Item Reject Re-drive Guidance
- Treat item reject entries as at-least-once replays of item-level processing failures.
- Preserve the originating execution and step identity; attach transition identity when available.
- Re-drive with smaller batch sizes than execution DLQ replays, because payload skew and poison records are more common at item level.
- Validate item-level dedupe/idempotency controls before replay and monitor item reject throughput, duplicate suppression, and repeated-fingerprint rates.
Current boundary:
- TPF does not provide a built-in generic re-drive consumer that reads item-reject SQS messages and re-submits directly to orchestrator async endpoints.
- Default reject envelopes are metadata-only (
pipeline.item-reject.include-payload=false), so queue entries are often insufficient to reconstruct full replay input. - Item reject re-drive is application-owned by design and should follow domain-specific replay procedures.

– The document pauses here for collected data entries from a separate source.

-- ===== src/Promotion/Codes.antt =====
-- promotion/commands/apply-promo-code.handler.ts: a code is looked up, tested and applied, and a
-- use of it is counted where the order is committed.
use vz.Common.{ℕ, ◌+◌, Bool, true, false, Option, none, some, ltb, if◌then◌else◌}
use vz.Common.Int.{ℤ}
use vz.Common.Results.{Result, ok, err, ◌>>=◌}
use vz.Shared.Errors.{type_error, promotion_code_invalid, promotion_code_usage_limit}
use vz.Promotion.{Promotion, ValidatePromotionResult, ApplyPromoCodeResult, is_valid, apply}

-- `repository.increment` of the row of the code, where its limit is above its count (`usageLimit`
-- is not null): the row after it, or none where no row is affected.
unfoldable pub increment_usage_count : Option Promotion → Option Promotion
increment_usage_count none = none
increment_usage_count (some row) =
    if ltb row.usage_count row.usage_limit
    then some (record row { usage_count = row.usage_count + 1 })
    else none

-- The result and the row that the call leaves behind.
pub record Applied : Type 0 where
  pub result : ApplyPromoCodeResult
  pub row : Option Promotion

-- `if (!validationResult.isValid) throw validationResult.error;` A result that is not valid has
-- an error.
unfoldable pub thrown_unless_valid : ValidatePromotionResult → Result (Unit {0})
thrown_unless_valid v =
    if v.is_valid then ok tt else elim v.error [ none ↦ err type_error | some e ↦ err e ]

unfoldable pub committed : Bool → Option Promotion → ApplyPromoCodeResult → Result Applied
unfolding increment_usage_count
committed false row result = ok (record { result = result; row = row })
committed true row result = elim (increment_usage_count row) [
  | none ↦ err promotion_code_usage_limit
  | some row' ↦ ok (record { result = result; row = some row' })
]

module _ (percentage_of : ℤ → ℤ → ℤ) where
  -- `found` is what the query for an active promotion of the code answers. The row of the code is
  -- read anew by the update, since other calls may have written it between.
  unfoldable pub execute :
      (now : ℕ)
      → (found : Option Promotion) → (total : ℤ) → (for_commit : Bool) → (row : Option Promotion)
      → Result Applied
  unfolding thrown_unless_valid committed
  execute now none total for_commit row = err promotion_code_invalid
  execute now (some p) total for_commit row = do
    valid ← thrown_unless_valid (is_valid now p)
    committed for_commit row (apply percentage_of total p)
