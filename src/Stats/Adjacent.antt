-- ===== src/Stats/Adjacent.antt =====
-- Messages that are adjacent in time, and windows that they can enter and leave.
use test.Base.{
  ℕ, ◌≡◌, refl, ap, subst, inl, inr, Bool, true, false, Bool-cases, List, [], ◌∷◌, ◌++◌,
  if◌then◌else◌, some,
}
use test.Stats.{
  Stat, Monitor, add_stat, sub_stat, appended, without, append_stat, shift_stat, put_stat,
}

-- The monitor once it has taken a message, and once the oldest entry has left.
abbrev pub put : Monitor → Stat → Monitor
put m s = record { cache = m.cache ++ s ∷ []; window = appended m.window s }

abbrev pub shifted : Stat → Stat → List Stat → Monitor
shifted w head cache = record { cache = cache; window = without w head }

module _ (apart : ℕ → ℕ → Bool) where
  -- The first stat, if there is one, starts at this time or not much before it.
  abbrev pub StartsAt : ℕ → List Stat → Type 0
  StartsAt t [] = Unit
  StartsAt t (s ∷ ss) = apart t s.start ≡ false

  -- Each stat starts when the one before ends, or not much before that.
  abbrev pub Adjacent : List Stat → Type 0
  Adjacent [] = Unit
  Adjacent (s ∷ ss) = StartsAt s.end ss × Adjacent ss

  -- A monitor and the messages that are still to come.
  pub record Joined (m : Monitor) (ss : List Stat) : Type 0 where
    pub links : Adjacent (m.cache ++ ss)
    pub start : m.window.initialized ≡ true → StartsAt m.window.start (m.cache ++ ss)
    pub end : m.window.initialized ≡ true → StartsAt m.window.end ss

  Adjacent-later : (xs ys : List Stat) → Adjacent (xs ++ ys) → Adjacent ys
  Adjacent-later [] ys h = h
  Adjacent-later (x ∷ xs) ys h = Adjacent-later xs ys h.1

  snoc-append : (xs : List Stat) (s : Stat) (ys : List Stat) → xs ++ s ∷ ys ≡ (xs ++ s ∷ []) ++ ys
  snoc-append [] s ys = refl
  snoc-append (x ∷ xs) s ys = ap (λ (t : List Stat). x ∷ t) (snoc-append xs s ys)

  -- A message that the window can take does not make it panic.
  pub put_stat-some :
      (m : Monitor) (s : Stat) (ss : List Stat)
      → Joined m (s ∷ ss)
      → put_stat apart m s ≡ some (put m s)
  unfolding put_stat append_stat
  put_stat-some m s ss v = elim (Bool-cases m.window.initialized) [
    | inl h ↦ rw (h, v.end h) refl
    | inr h ↦ rw h refl
  ]

  pub put-Joined :
      ((t : ℕ) → apart t t ≡ false)
      → (m : Monitor) (s : Stat) (ss : List Stat) → (m.window.initialized ≡ false → m.cache ≡ [])
      → Joined m (s ∷ ss)
      → Joined (put m s) ss
  unfolding appended add_stat
  put-Joined same m s ss empty v = record {
    links = subst Adjacent (snoc-append m.cache s ss) v.links;
    start = λ e.
        subst (StartsAt (put m s).window.start) (snoc-append m.cache s ss)
          (starts m.window.initialized refl);
    end = λ e. (Adjacent-later m.cache (s ∷ ss) v.links).0;
  }
    where
      starts :
          (b : Bool)
          → m.window.initialized ≡ b
          → StartsAt (if m.window.initialized then m.window.start else s.start) (m.cache ++ s ∷ ss)
      starts true h = rw h (v.start h)
      starts false h = rw (h, empty h) (same s.start)

  -- The oldest entry can leave.
  pub shift_stat-some :
      (w head : Stat) (cache ss : List Stat)
      → w.initialized ≡ true
      → Joined (record { cache = head ∷ cache; window = w }) ss
      → shift_stat apart w head ≡ some (without w head)
  unfolding shift_stat
  shift_stat-some w head cache ss h v = rw (h, v.start h) refl

  pub shifted-Joined :
      (w head : Stat) (cache ss : List Stat)
      → w.initialized ≡ true
      → Joined (record { cache = head ∷ cache; window = w }) ss
      → Joined (shifted w head cache) ss
  unfolding without sub_stat
  shifted-Joined w head cache ss h v = record {
    links = v.links.1;
    start = λ e. v.links.0;
    end = λ e. v.end h;
  }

- Checkpoint publication replay ownership is application- or broker-operated; the framework stops at orchestrator-owned handoff admission.
Example (CSV payments style):
- Export rejected records from sink evidence and source systems.
- Build an ad-hoc CSV containing corrected rows.
- Place the file in the pipeline input folder.
- Let the normal ingestion path process that file as a controlled re-drive batch.
Recommended transition identity:
executionId:stepIndex:attempt- Propagate it through transport headers/metadata when replaying manually.
Parking growth
- Alert on sustained growth in parked failures for the same step.
- Correlate parked entries with a specific dependency, payload signature, or rollout.
- Mitigate by rollback/config correction, then replay parked items in controlled batches.
Timeout pressure
- Identify whether timeout is upstream IO, operator logic, or downstream persistence.
- Validate traffic and payload size changes at the same timestamp.
- Reduce load and/or increase capacity first; only then tune retry/backoff/timeout controls.
Material Environment and Config Inputs
Only include keys that change behaviour materially:
tpf.function.invocation.mode: controls local vs remote function invoke routing behaviour; invalid values fail fast with an explicit error (no silent fallback).- Misconfigured values now fail at startup/validation time. Verify
tpf.function.invocation.modeagainst supported modes (LOCAL,REMOTE) before deployment.
- Misconfigured values now fail at startup/validation time. Verify
pipeline.platform: selects platform generation mode (For exampleFUNCTION).pipeline.transport: selects transport generation mode (for exampleREST).pipeline.rest.naming.strategy: affects generated REST naming and route conventions.quarkus.lambda.handler: selects explicit lambda handler entrypoint when multiple handlers exist.
Intentional Limitations (Current)
- Unary operator invocation is the primary supported execution path.
- gRPC delegated/operator paths require descriptors and mapper-compatible bindings.
- No implicit mapper conversion by default; fallback behaviour is configuration-driven.
- Operational controls are service-specific; there is no single global operator circuit-breaker switch.